**What to work on**:
If a line holds the word "accepts", copy it from the entries.

[Stored data]
-- ===== src/MessageBus/Wire.antt =====
-- From `msg_bus_publish` to the handler in src/ipc/message_bus.c.
use akira_os.Prelude.{
  ℕ, ◌+◌, ◌<◌, ◌≤◌, ◌≡◌, refl, sym, ap, subst, ◌∙◌, true, not, some, List, [], ◌∷◌, Ret, ok,
  if_case, ltb, length, length-append, get_elem?, CString, arith,
}
use akira_os.MessageBus.{
  Message, Subscriber, MsgQueue, Delivery, Bus, live, topic_matches, field_of, accepts, enqueue,
  new_message, took_id, msg_bus_publish, msg_bus_process, max_payload_size,
}
use akira_os.MessageBus.Drain.{
  queued, deliver_all, Among, process-Drained, enqueue-queued, deliver-Among, last-Among,
}

matching-accepts :
    (s : Subscriber) (m : Message)
    → m.recipient_id ≡ 0
    → topic_matches m.topic s.topic_filter ≡ true
    → s.min_priority ≤ m.priority
    → accepts s m ≡ true
unfolding accepts
matching-accepts s m z t p = ground (arith, z, t, p)

module _ (K : MsgQueue) (b : Bus K) (topic : CString) (payload : List ℕ) (priority now n : ℕ) where
  abbrev sent : Message
  sent = new_message K b 0 (field_of topic) payload priority now

  published :
      (msg_bus_publish K b (some topic) payload priority now).0 ≡ ok n
      → (b.initialized ≡ true)
        × ((enqueue K (took_id K b) sent).0 ≡ ok n)
        × ((msg_bus_publish K b (some topic) payload priority now).1
            ≡ (enqueue K (took_id K b) sent).1)
  unfolding msg_bus_publish
  published e =
      let r = enqueue K (took_id K b) sent in
      let P : Ret × Bus K → Type 0 =
        λ q. q.0 ≡ ok n → (b.initialized ≡ true) × (r.0 ≡ ok n) × (q.1 ≡ r.1) in
      if_case P (not b.initialized) (λ _ f. absurd (ground (arith, f)))
        (λ on.
          if_case P (ltb max_payload_size (length payload)) (λ _ f. absurd (ground (arith, f)))
            λ _ f. (ground (arith, on), f, refl))
        e

  -- A publication that is accepted is delivered, where no other thread uses the bus meanwhile: the next
  -- `msg_bus_process`, with enough fuel, comes to an end, and has called the handler of each subscriber whose
  -- filter matches the topic, and whose least priority is not above the message's, with that message.
  pub publish_arrives :
      (fuel i : ℕ) (s : Subscriber)
      → (msg_bus_publish K b (some topic) payload priority now).0 ≡ ok n
      → get_elem? (live K b) i ≡ some s
      → topic_matches (field_of topic) s.topic_filter ≡ true
      → s.min_priority ≤ priority
      → length (queued K b) + 1 < fuel
      → (r : Ret × (List Delivery × Bus K)) × (msg_bus_process K fuel
            (msg_bus_publish K b (some topic) payload priority now).1
          ≡ some r)
        × Among (record { to = s; message = sent }) r.1.0
  publish_arrives fuel i s e there t p lt =
      let (on, put, same) = published e in
      let b' = (enqueue K (took_id K b) sent).1 in
      let (behind, kept, still) = enqueue-queued K (took_id K b) sent n put in
      let (r, eq, d) =
        process-Drained K fuel b' (still ∙ on)
          (omega (arith, lt, ap length behind, length-append (queued K b) (sent ∷ []))) in
      let a =
        last-Among (live K b) (queued K b) sent (record { to = s; message = sent })
          (deliver-Among (live K b) sent i s there (matching-accepts s sent refl t p)) in
      (
        r,
        ap (msg_bus_process K fuel) same ∙ eq,
        subst (Among (record { to = s; message = sent }))
            (sym (
              d.delivers
              ∙ ap (λ l. deliver_all l (queued K b')) kept
              ∙ ap (deliver_all (live K b)) behind))
            a,
      )
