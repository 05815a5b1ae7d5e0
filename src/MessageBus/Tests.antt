-- ===== src/MessageBus/Tests.antt =====
-- The bus over a queue that is a list, with two subscribers.
use akira_os.Prelude.{
  ℕ, ◌<◌, ◌≤◌, ◌≡◌, refl, Option, none, some, List, [], ◌∷◌, ◌++◌, Ret, if◌then◌else◌, if_case, ltb,
  length, All, CString, arith, str_eq,
}
use akira_os.MessageBus.{
  Message, Subscriber, MsgQueue, Delivery, Bus, boot, topic_matches, enqueue, new_message,
  msg_bus_init, msg_bus_subscribe, msg_bus_unsubscribe, msg_bus_publish, msg_bus_process,
}
use akira_os.MessageBus.Drain.{Drained, Among, process-Drained}
use akira_os.MessageBus.Wire.{publish_arrives}
use akira_os.MessageBus.Members.{MembersValid}
use akira_os.MessageBus.Silence.{BusCall, NotTo, call_bus, unsubscribed_silent}

abbrev list_put : ℕ × List Message → Message → Option (ℕ × List Message)
list_put q m = if ltb (length q.1) q.0 then some (q.0, q.1 ++ m ∷ []) else none

abbrev list_get : ℕ × List Message → Option (Message × (ℕ × List Message))
list_get (n, []) = none
list_get (n, m ∷ ms) = some (m, (n, ms))

list_get-empty : (q : ℕ × List Message) → q.1 ≡ [] → list_get q ≡ none
list_get-empty (n, []) e = refl
list_get-empty (n, m ∷ ms) e = absurd (ground arith)

list_get-first :
    (q : ℕ × List Message) (m : Message) (ms : List Message)
    → q.1 ≡ m ∷ ms
    → (q' : ℕ × List Message) × (list_get q ≡ some (m, q')) × (q'.1 ≡ ms) × (q'.0 ≡ q.0)
list_get-first (n, []) m ms e = absurd (ground arith)
list_get-first (n, x ∷ xs) m ms e = ((n, ms), ground arith, refl, refl)

list_put-room :
    (q : ℕ × List Message) (m : Message)
    → length q.1 < q.0
    → list_put q m ≡ some (q.0, q.1 ++ m ∷ [])
list_put-room q m lt =
    if_case (λ o. o ≡ some (q.0, q.1 ++ m ∷ [])) (ltb (length q.1) q.0) (λ _. refl)
      λ no_room. absurd (ground arith)

list_put-full : (q : ℕ × List Message) (m : Message) → q.0 ≤ length q.1 → list_put q m ≡ none
list_put-full q m le = ground arith

abbrev list_queue : MsgQueue
list_queue = record {
  Queue = ℕ × List Message;
  k_msgq_init = λ n. (n, []);
  k_msgq_put = list_put;
  k_msgq_get = list_get;
  contents = λ q. q.1;
  room = λ q. q.0;
  init_lem = λ n. (refl, refl);
  put-room = λ q m lt. ((q.0, q.1 ++ m ∷ []), list_put-room q m lt, refl, refl);
  put-full = list_put-full;
  get-empty = list_get-empty;
  get-first = list_get-first;
}

abbrev news : CString
news = 110 ∷ []

abbrev fresh : Bus list_queue
fresh = (msg_bus_init list_queue (boot list_queue (0, []))).1

abbrev two : Bus list_queue
two =
    (msg_bus_subscribe list_queue (msg_bus_subscribe list_queue fresh (some news) (some 7) 0).1
      (some (42 ∷ [])) (some 8) 0).1

abbrev first : Subscriber
first = record { id = 1; handler = 7; user_data = 0; topic_filter = news; min_priority = 0 }

abbrev told : Bus list_queue
told = (msg_bus_publish list_queue two (some news) (5 ∷ []) 1 90).1

process-Drained_example :
    (r : Ret × (List Delivery × Bus list_queue)) × (msg_bus_process list_queue 2 told ≡ some r)
    × Drained list_queue told r
unfolding msg_bus_init msg_bus_subscribe msg_bus_publish enqueue
process-Drained_example = process-Drained list_queue 2 told refl (omega arith)

publish_arrives_example :
    (r : Ret × (List Delivery × Bus list_queue)) × (msg_bus_process list_queue 2 told ≡ some r)
    × Among (record { to = first; message = new_message list_queue two 0 news (5 ∷ []) 1 90 }) r.1.0
unfolding msg_bus_init msg_bus_subscribe msg_bus_publish enqueue topic_matches str_eq
publish_arrives_example =
    publish_arrives list_queue two news (5 ∷ []) 1 90 1 2 0 first refl refl refl (omega arith)
      (omega arith)

two-MembersValid : MembersValid two
unfolding msg_bus_init msg_bus_subscribe
two-MembersValid = record {
  room = refl;
  count = omega arith;
  ids = (omega arith, (omega arith, omega arith));
}

unsubscribed_silent_example : All (NotTo 1) (
    call_bus list_queue
      (msg_bus_unsubscribe list_queue two 1).1
      (BusCall.publish (some news) (5 ∷ []) 1 90 ∷ BusCall.process 2 ∷ []))
unfolding msg_bus_init msg_bus_subscribe msg_bus_unsubscribe msg_bus_publish
unsubscribed_silent_example =
    unsubscribed_silent list_queue 1 two
      (BusCall.publish (some news) (5 ∷ []) 1 90 ∷ BusCall.process 2 ∷ []) two-MembersValid refl
      (omega arith, (omega arith, tt))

**Answer**:
  Message, Subscriber, MsgQueue, Delivery, Bus, live, topic_matches, field_of, accepts, enqueue,
matching-accepts :
    → accepts s m ≡ true
unfolding accepts
matching-accepts s m z t p = ground (arith, z, t, p)
          (deliver-Among (live K b) sent i s there (matching-accepts s sent refl t p)) in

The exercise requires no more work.